Charlotte Leys: Nie przez przypadek znalazłyśmy się w finale

W niedzielę poznaliśmy najważniejsze rozstrzygnięcie sezonu Orlen Ligi. Siatkarki PGE Atomu Trefla Sopot pomimo heroicznej walki nie zdołały przedłużyć rywalizacji o tytuł mistrzyń kraju.

- To naturalne, że czujemy rozczarowanie. Liczyłyśmy na to, że uda nam się przenieść rywalizację o złoto do Szczecina. Niestety po pięciosetowym boju musiałyśmy uznać wyższość rywalek - powiedziała tuż po odebraniu srebrnego medalu, Charlotte Leys.
 [ad=rectangle]
Czwarty i zarazem ostatni pojedynek rywalizacji finałowej dostarczył sympatykom siatkówki niezwykłych emocji. Mocne otwarcie Chemika Police zaskoczyło siatkarki z Trójmiasta, które w dwóch pierwszych odsłonach nie nawiązały wyrównanej walki z obrończyniami tytułu.
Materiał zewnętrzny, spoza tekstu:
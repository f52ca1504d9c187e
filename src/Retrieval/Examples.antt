-- ===== src/Retrieval/Examples.antt =====
-- Runs and checks of the retrieval controller at concrete inputs. The digest and the canonical form
-- of a URL are the identity here.
use agi_inspired.Prelude.{◌≢◌, ◌+◌, ◌≤◌, ◌≡◌, inr, true, false, none, some, [], refl, arith}
use agi_inspired.Prelude.Text.{Text, codes, contains, lower, strip, has_part, starts_with}
use agi_inspired.Retrieval.Policy.{
  at, put, total, default_policy, dynamic_browser_policy, retrieval_policy_for_profile, tool_stage,
  is_fetch_tool, is_browser_tool,
}
use agi_inspired.Retrieval.State.{
  Controller, initial_state, executed_calls, new_controller, write_audit,
}
use agi_inspired.Retrieval.Controller.{refuse, skip_empty, before_setup, before_retrieval, before}
use agi_inspired.Retrieval.After.{after, is_novel}
use agi_inspired.Retrieval.Budget.{count_extra, IsBounded}
use agi_inspired.Retrieval.Stages.{MovesOn}
use agi_inspired.Retrieval.Progress.{IsOver}
use agi_inspired.Retrieval.Run.{
  Reach, here, next, call, result, extra_results, extra_after, run-IsBounded, run-stage,
}
use agi_inspired.Retrieval.Setup.{setup_charges_browser}

abbrev fresh : Controller
fresh = record {
  policy = default_policy;
  state = initial_state 0;
  evidence = [];
  audited = true;
  audit = [];
  traced = false;
  trajectory = [];
}

abbrev web_search : Text
web_search = codes "web_search"

-- One search in flight.
in_flight : Controller
in_flight = (before web_search fresh).0

id : Text → Text
id t = t

one_search : Reach id id fresh (after id id web_search (some (codes "no hits")) false in_flight).0
unfolding in_flight
one_search =
    next (next here (call fresh web_search)) (result _ web_search (some (codes "no hits")) false)

run-IsBounded_example :
    (executed_calls (after id id web_search (some (codes "no hits")) false in_flight).0
        + total (after id id web_search (some (codes "no hits")) false in_flight).0.state.reserved
      ≤ 8 + total (extra_results id id one_search))
    × IsBounded default_policy
        (extra_results id id one_search)
        (after id id web_search (some (codes "no hits")) false in_flight).0.state
unfolding new_controller total
run-IsBounded_example = run-IsBounded id id default_policy true false {c = fresh} refl one_search

-- The search was in flight, so it is no extra result.
one_search_extra : total (extra_results id id one_search) ≡ 0
unfolding one_search extra_results extra_after count_extra total before before_retrieval tool_stage
    contains lower has_part put at
one_search_extra = refl

run-stage_example :
    ((after id id web_search (some (codes "no hits")) false in_flight).0.policy ≡ default_policy)
    × MovesOn default_policy.max_calls 0
        (after id id web_search (some (codes "no hits")) false in_flight).0.state.stage
run-stage_example = run-stage id id one_search

-- The second result in a row that is not novel ends the rung.
abbrev dull : Controller
dull = record fresh { state = record (initial_state 0) { low_novelty_streak = 1 } }

dull-IsOver : IsOver id id dull (codes "no hits") false
unfolding is_novel strip at
dull-IsOver = inr (omega arith)

browser_refused : (before (codes "browser_open") fresh).1 ≢ none
unfolding before before_retrieval tool_stage is_fetch_tool is_browser_tool contains lower has_part
    starts_with refuse
browser_refused = λ h. cc

abbrev skill_view : Text
skill_view = codes "skill_view"

setup_charges_browser_example :
    let d = (before skill_view fresh).0 in
    let e = (after id id skill_view none false d).0 in
    (d.state.setup_calls ≡ 1)
    × (d.state.reserved ≡ fresh.state.reserved)
    × (e.state.calls.browser ≡ 1)
unfolding before before_setup contains lower write_audit
setup_charges_browser_example = setup_charges_browser id id skill_view none false fresh refl refl

skip_empty_test : skip_empty dynamic_browser_policy.max_calls 3 0 ≡ 2
unfolding skip_empty at
skip_empty_test = refl

profile_test :
    retrieval_policy_for_profile (some (codes " Dynamic_Browser_Required "))
    ≡ some dynamic_browser_policy
unfolding retrieval_policy_for_profile
profile_test = refl
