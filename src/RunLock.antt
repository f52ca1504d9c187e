-- ===== src/RunLock.antt =====
-- orchestrator/runlock.py: the exclusive lock of a run. `Held` has the operations, `Reclaim` the proofs.
pub mod Held
pub mod Reclaim
pub mod Race
mod Examples
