-- ===== src/Lib.antt =====
-- The Python code of ROSE. The bridge (bridge/src) drives an ESP32 over TCP: frames with a checksum,
-- the server that cuts the byte stream into frames, the handler that sorts the events and lets
-- callers wait for them, the dispatcher that numbers and sends commands, and the client on top. The
-- platform (platform/src) is a web service over the bridge's client. The integration for Home
-- Assistant (custom_components/rose) uses the platform.
--
-- How the parts interact. The server's receiving thread calls `EventHandler.handle_event` on each
-- event frame; callers' threads send a command through `CommandDispatcher`, which writes a frame
-- through `IoTAgentServer.send_command`, and then poll the handler for the answer. The platform's
-- service calls the client's methods, for the endpoints of the web interface, for the commands over
-- a WebSocket and for the steps of custom commands; the events that the handler gives to its
-- callbacks become dicts, update the platform's caches and are broadcast to the WebSockets.
--
-- Where what is modelled:
--   * Prelude: shared names, Python's `int` (Int), exceptions (Result) and `dict` (Dict).
--   * Struct: Python's `struct.pack` and `struct.unpack`, little endian, with what is out of range
--     raised; Struct/Laws has the round trips that the wire formats use.
--   * Protocol, for bridge/src/protocol.py: Opcodes, Crc (the loop of `calculate_crc`), Frame
--     (`MessageFrame`), Commands and Commands/Signals (`Cmd….to_bytes`), Events (the classes),
--     Events/Reads and Events/Loops (`Event….from_bytes`), and Events/Parse for `_parse_event` of
--     bridge/src/events.py.
--   * Server, for bridge/src/server.py: Stream is the inner loop of `_client_handler`, Connection
--     the state and each section under the lock.
--   * Handler, for `EventHandler` of bridge/src/events.py: one function for each locked section
--     and each waiting loop; Handler/Queues is the dict of lists that both of its tables are.
--   * Dispatcher, for bridge/src/commands.py: ids, frames, sending; Dispatcher/Commands has one
--     function for each command.
--   * Client, for bridge/src/client.py: Resolution is the glitch filter, Session the state with the
--     UART listeners and `_check_ack`, Readings and Operations the commands.
--   * Platform, for platform/src: Values and Events (the conversion of events) and Service (the
--     wrappers) are services/bridge_service.py; Updates and Cache are `_on_bridge_event`, Monitor
--     the loop of `_monitor_bridge` and Sockets the commands of `_handle_ws_command`, with
--     Sockets/Registry for who may run them, of main.py; Access is security.py, Schemas
--     models/schemas.py, Manager ws/manager.py, Errors api/errors.py; Api has the endpoints of
--     api/system.py and api/port.py, Api/Gpio, Api/Signals and Api/Devices those of api/gpio.py,
--     api/signal.py, api/uart.py and api/ble.py; Executor and Executor/Steps are
--     services/cmd_executor.py, Commands db/crud.py and api/custom_cmd.py, and Pins api/pins.py.
--   * Integration, for custom_components/rose: Dht11 is protocols/dht11.py, Tcl protocols/tcl.py,
--     Climate climate.py, Presence ble_state.py and coordinator.py, Requests client.py,
--     Controls switch.py and light.py, and Groups device_groups.py, const.py and
--     `async_remove_config_entry_device` of __init__.py.
--   * Witness: tests, which apply the theorems to concrete values.
--
-- Parameters, for code that is not in the repository: `decode_utf8` (bytes.decode with
-- replacement), `pack_float` (struct.pack of a float), `strip_lower` (str.strip and str.lower),
-- `tenths` and `negate` (arithmetic on floats), the records `Floats` of Integration/Tcl (comparison
-- and rounding of floats) and `Library` of Platform/Access, Platform/Sockets and Platform/Executor
-- (ipaddress, Pydantic, base 64, `str.encode`), the hardware configuration, the environment, the
-- server's event callback, what `bind` and `sendall` answer, and what frames arrive when. The only
-- assumptions on them are named: `Quiet` (the callback never raises, as `handle_event`, which
-- catches every exception, does not), `FourBytes` (a packed float has four bytes) and `IsFloats`
-- (16.0 is below 31.0, and rounding keeps the order and these two numbers).
--
-- Threads: every locked section is a function of the state, and `Reach` of Handler/Interleaving and
-- of Server/Connection/Laws is every order of these sections. A timeout is the number of polls that
-- it leaves room for, with the frames that arrive during each.
--
-- Bounds and fuel: the framing loop gets as much fuel as the buffer has bytes, which is enough,
-- since every round takes a byte at least (Server/Stream/Rounds). All other loops are structural.
--
-- Not modelled: sockets, threads and time themselves, logging, the texts of error messages, the web
-- framework and the database, the sensors, numbers and dialogs of the Home Assistant
-- integration, the console, and the firmware, which is in C.
pub mod Prelude
pub mod Struct
pub mod Protocol
pub mod Server
pub mod Handler
pub mod Dispatcher
pub mod Client
pub mod Integration
pub mod Platform
mod Witness
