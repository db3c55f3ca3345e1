-- ===== src/Client.antt =====
-- bridge/src/client.py: the client over the command dispatcher and the event handler.
pub mod Resolution
pub mod Session
pub mod Readings
pub mod Operations
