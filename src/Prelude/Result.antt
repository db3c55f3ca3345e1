-- ===== src/Prelude/Result.antt =====
-- Code that may raise: the exceptions that the modelled code raises, and their propagation.
use rose_esp.Prelude.{◌≡◌, refl, ◌⊎◌, inl, inr}

-- `struct.error`, `ValueError`, `IndexError`, `KeyError`, `TypeError`, and whatever else a library call raises.
pub data Error : Type 0 where
  struct_error value_error index_error key_error type_error other_error : Error

pub data Result {ℓ} (T : Type ℓ) : Type ℓ where
  err : Error → Result T
  ok : T → Result T

-- A statement that raises ends the function; otherwise the next one sees its value.
infixl 5 ◌>>=◌
abbrev pub ◌>>=◌ {ℓ κ} : {T : Type ℓ} {S : Type κ} → Result T → (T → Result S) → Result S
err raised >>= next = err raised
ok value >>= next = next value

-- A body that returns has gone through its first statement.
pub >>=-eq-ok {ℓ κ} :
    {T : Type ℓ} {S : Type κ} (first : Result T) (next : T → Result S) {b : S}
    → (first >>= next) ≡ ok b
    → (value : T) × (first ≡ ok value) × (next value ≡ ok b)
>>=-eq-ok (err raised) next h = cc
>>=-eq-ok (ok value) next h = (value, refl, h)

-- To split on a computed result and keep the equation.
pub Result-cases {ℓ} :
    {T : Type ℓ} (r : Result T) → ((e : Error) × (r ≡ err e)) ⊎ ((t : T) × (r ≡ ok t))
Result-cases (err e) = inl (e, refl)
Result-cases (ok t) = inr (t, refl)

pub ok-injective {ℓ} : {T : Type ℓ} {t s : T} → ok t ≡ ok s → t ≡ s
ok-injective h = cc
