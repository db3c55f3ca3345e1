-- ===== src/Struct.antt =====
-- Python's `struct` module as the bridge uses it (bridge/src/protocol.py): little-endian packing
-- without padding. Bytes are a list of numbers below 256, and a Python `int` is a `ℤ`. The laws
-- are in the children.
pub mod Endian
pub mod Laws
use rose_esp.Prelude.{
  ℕ, zero, suc, ◌+◌, ◌-◌, ◌*◌, ◌/◌, ◌%◌, ◌<◌, Bool, List, [], ◌∷◌, ◌++◌, length, take, drop, ltb,
  ◌==◌, if◌then◌else◌,
}
use rose_esp.Prelude.Int.{ℤ, pos, negsuc}
use rose_esp.Prelude.Result.{Result, ok, err, struct_error, ◌>>=◌}

abbrev pub Bytes : Type 0
Bytes = List ℕ

abbrev pub IsByte : ℕ → Type 0
IsByte b = b < 256

-- The format characters `B`, `H`, `I`, `Q`, `b` and `q`.
pub data Format : Type 0 where
  u8 u16 u32 u64 s8 s64 : Format

abbrev pub width : Format → ℕ
width u8 = 1
width u16 = 2
width u32 = 4
width u64 = 8
width s8 = 1
width s64 = 8

-- 256 to the power `w`.
abbrev pub span : ℕ → ℕ
span zero = 1
span (suc w) = 256 * span w

unfoldable pub le_bytes : ℕ → ℕ → Bytes
le_bytes zero n = []
le_bytes (suc w) n = (n % 256) ∷ le_bytes w (n / 256)

unfoldable pub of_le : Bytes → ℕ
of_le [] = 0
of_le (b ∷ bs) = b + 256 * of_le bs

unfoldable pub unsigned : ℕ → ℤ → Result Bytes
unsigned w (pos n) = if ltb n (span w) then ok (le_bytes w n) else err struct_error
unsigned w (negsuc n) = err struct_error

unfoldable pub signed : ℕ → ℤ → Result Bytes
signed w (pos n) = if ltb n (span w / 2) then ok (le_bytes w n) else err struct_error
signed w (negsuc n) =
    if ltb n (span w / 2) then ok (le_bytes w (span w - 1 - n)) else err struct_error

unfoldable pub encode : Format → ℤ → Result Bytes
encode u8 v = unsigned 1 v
encode u16 v = unsigned 2 v
encode u32 v = unsigned 4 v
encode u64 v = unsigned 8 v
encode s8 v = signed 1 v
encode s64 v = signed 8 v

-- Two's complement.
unfoldable pub to_signed : ℕ → ℕ → ℤ
to_signed w n = if ltb n (span w / 2) then pos n else negsuc (span w - 1 - n)

unfoldable pub decode : Format → Bytes → ℤ
decode u8 bs = pos (of_le bs)
decode u16 bs = pos (of_le bs)
decode u32 bs = pos (of_le bs)
decode u64 bs = pos (of_le bs)
decode s8 bs = to_signed 1 (of_le bs)
decode s64 bs = to_signed 8 (of_le bs)

abbrev pub calcsize : List Format → ℕ
calcsize [] = 0
calcsize (f ∷ fs) = width f + calcsize fs

-- struct.pack('<…', *values)
unfoldable pub pack : List Format → List ℤ → Result Bytes
unfolding encode unsigned signed le_bytes
pack [] [] = ok []
pack [] (v ∷ vs) = err struct_error
pack (f ∷ fs) [] = err struct_error
pack (f ∷ fs) (v ∷ vs) = encode f v >>= λ b. pack fs vs >>= λ rest. ok (b ++ rest)

unfoldable pub fields : List Format → Bytes → List ℤ
fields [] bs = []
fields (f ∷ fs) bs = decode f (take (width f) bs) ∷ fields fs (drop (width f) bs)

-- struct.unpack('<…', data)
unfoldable pub unpack : List Format → Bytes → Result (List ℤ)
unfolding fields decode to_signed of_le
unpack fs bs = if length bs == calcsize fs then ok (fields fs bs) else err struct_error
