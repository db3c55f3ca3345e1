-- ===== src/Protocol/Opcodes.antt =====
-- The opcodes, modes, resource types and error codes of bridge/src/protocol.py.
use rose_esp.Prelude.{ℕ}

abbrev pub msg_type_cmd : ℕ
msg_type_cmd = 0x01

abbrev pub msg_type_ack : ℕ
msg_type_ack = 0x02

abbrev pub msg_type_event : ℕ
msg_type_event = 0x03

abbrev pub msg_type_error : ℕ
msg_type_error = 0x04

abbrev pub cmd_gpio_config : ℕ
cmd_gpio_config = 0x10

abbrev pub cmd_gpio_set : ℕ
cmd_gpio_set = 0x11

abbrev pub cmd_gpio_get : ℕ
cmd_gpio_get = 0x12

abbrev pub cmd_adc_sample : ℕ
cmd_adc_sample = 0x13

abbrev pub cmd_gpio_signal_tx : ℕ
cmd_gpio_signal_tx = 0x14

abbrev pub cmd_gpio_signal_rx : ℕ
cmd_gpio_signal_rx = 0x15

abbrev pub cmd_gpio_signal_exchange : ℕ
cmd_gpio_signal_exchange = 0x16

abbrev pub cmd_uart_config : ℕ
cmd_uart_config = 0x20

abbrev pub cmd_uart_send : ℕ
cmd_uart_send = 0x21

abbrev pub cmd_uart_read : ℕ
cmd_uart_read = 0x22

abbrev pub cmd_port_bind : ℕ
cmd_port_bind = 0x30

abbrev pub cmd_port_unbind : ℕ
cmd_port_unbind = 0x31

abbrev pub cmd_port_status : ℕ
cmd_port_status = 0x32

abbrev pub cmd_thread_passthrough : ℕ
cmd_thread_passthrough = 0x40

abbrev pub cmd_sync_request : ℕ
cmd_sync_request = 0x01

abbrev pub cmd_syn : ℕ
cmd_syn = 0x02

abbrev pub cmd_ble_enable_pairing : ℕ
cmd_ble_enable_pairing = 0x50

abbrev pub cmd_ble_disable_pairing : ℕ
cmd_ble_disable_pairing = 0x51

abbrev pub cmd_ble_get_in_range : ℕ
cmd_ble_get_in_range = 0x52

abbrev pub cmd_ble_start_scan : ℕ
cmd_ble_start_scan = 0x53

abbrev pub cmd_ble_stop_scan : ℕ
cmd_ble_stop_scan = 0x54

abbrev pub cmd_ble_delete_bond : ℕ
cmd_ble_delete_bond = 0x55

abbrev pub cmd_heartbeat : ℕ
cmd_heartbeat = 0xfe

abbrev pub cmd_ping : ℕ
cmd_ping = 0xff

abbrev pub event_sync_response : ℕ
event_sync_response = 0x66

abbrev pub event_cmd_ack : ℕ
event_cmd_ack = 0x20

abbrev pub event_gpio_value : ℕ
event_gpio_value = 0x21

abbrev pub event_gpio_edge : ℕ
event_gpio_edge = 0x22

abbrev pub event_adc_value : ℕ
event_adc_value = 0x23

abbrev pub event_gpio_signal_captured : ℕ
event_gpio_signal_captured = 0x24

abbrev pub event_uart_rx : ℕ
event_uart_rx = 0x30

abbrev pub event_thread_response : ℕ
event_thread_response = 0x40

abbrev pub event_port_status : ℕ
event_port_status = 0x50

abbrev pub event_ble_pairing_enabled : ℕ
event_ble_pairing_enabled = 0x60

abbrev pub event_ble_pairing_disabled : ℕ
event_ble_pairing_disabled = 0x61

abbrev pub event_ble_device_in_range : ℕ
event_ble_device_in_range = 0x62

abbrev pub event_ble_device_out_of_range : ℕ
event_ble_device_out_of_range = 0x63

abbrev pub event_ble_in_range_list : ℕ
event_ble_in_range_list = 0x64

abbrev pub event_ble_rssi : ℕ
event_ble_rssi = 0x65

abbrev pub event_error : ℕ
event_error = 0xfe

abbrev pub event_heartbeat : ℕ
event_heartbeat = 0xfd

abbrev pub event_gpio_status : ℕ
event_gpio_status = 0x51

abbrev pub event_uart_status : ℕ
event_uart_status = 0x31

abbrev pub event_ble_status : ℕ
event_ble_status = 0x67

abbrev pub resource_gpio : ℕ
resource_gpio = 0

abbrev pub resource_uart : ℕ
resource_uart = 1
Kolejne dwa sety padły łupem sopocianek, a ich głównym motorem napędowym była znakomita gra Katarzyny Zaroślińskiej. W tie-breaku ponownie do głosu doszły policzanki przechylając zmagania w finale ekstraklasy na swoją korzyść.

- Ponownie zaczęłyśmy spotkanie zbyt nerwowo i w błyskawicznym tempie przegrałyśmy dwie partie. Jednak pomimo stanu rywalizacji 1:2 w meczach oraz 0:2 w setach w dalszym ciągu wierzyłyśmy w swoje umiejętności. Pokazałyśmy po raz kolejny w sezonie, że jesteśmy drużyną, potrafimy się nawzajem nakręcać nawet w najtrudniejszych sytuacjach, zawsze walczymy do końca. W tie-breaku wyrównany wynik utrzymywał się do stanu 10:10. Wówczas umknęło nam kilka piłek i nie zdołałyśmy już odwrócić rezultatu - skomentowała przyjmująca PGE Atomu Trefla Sopot.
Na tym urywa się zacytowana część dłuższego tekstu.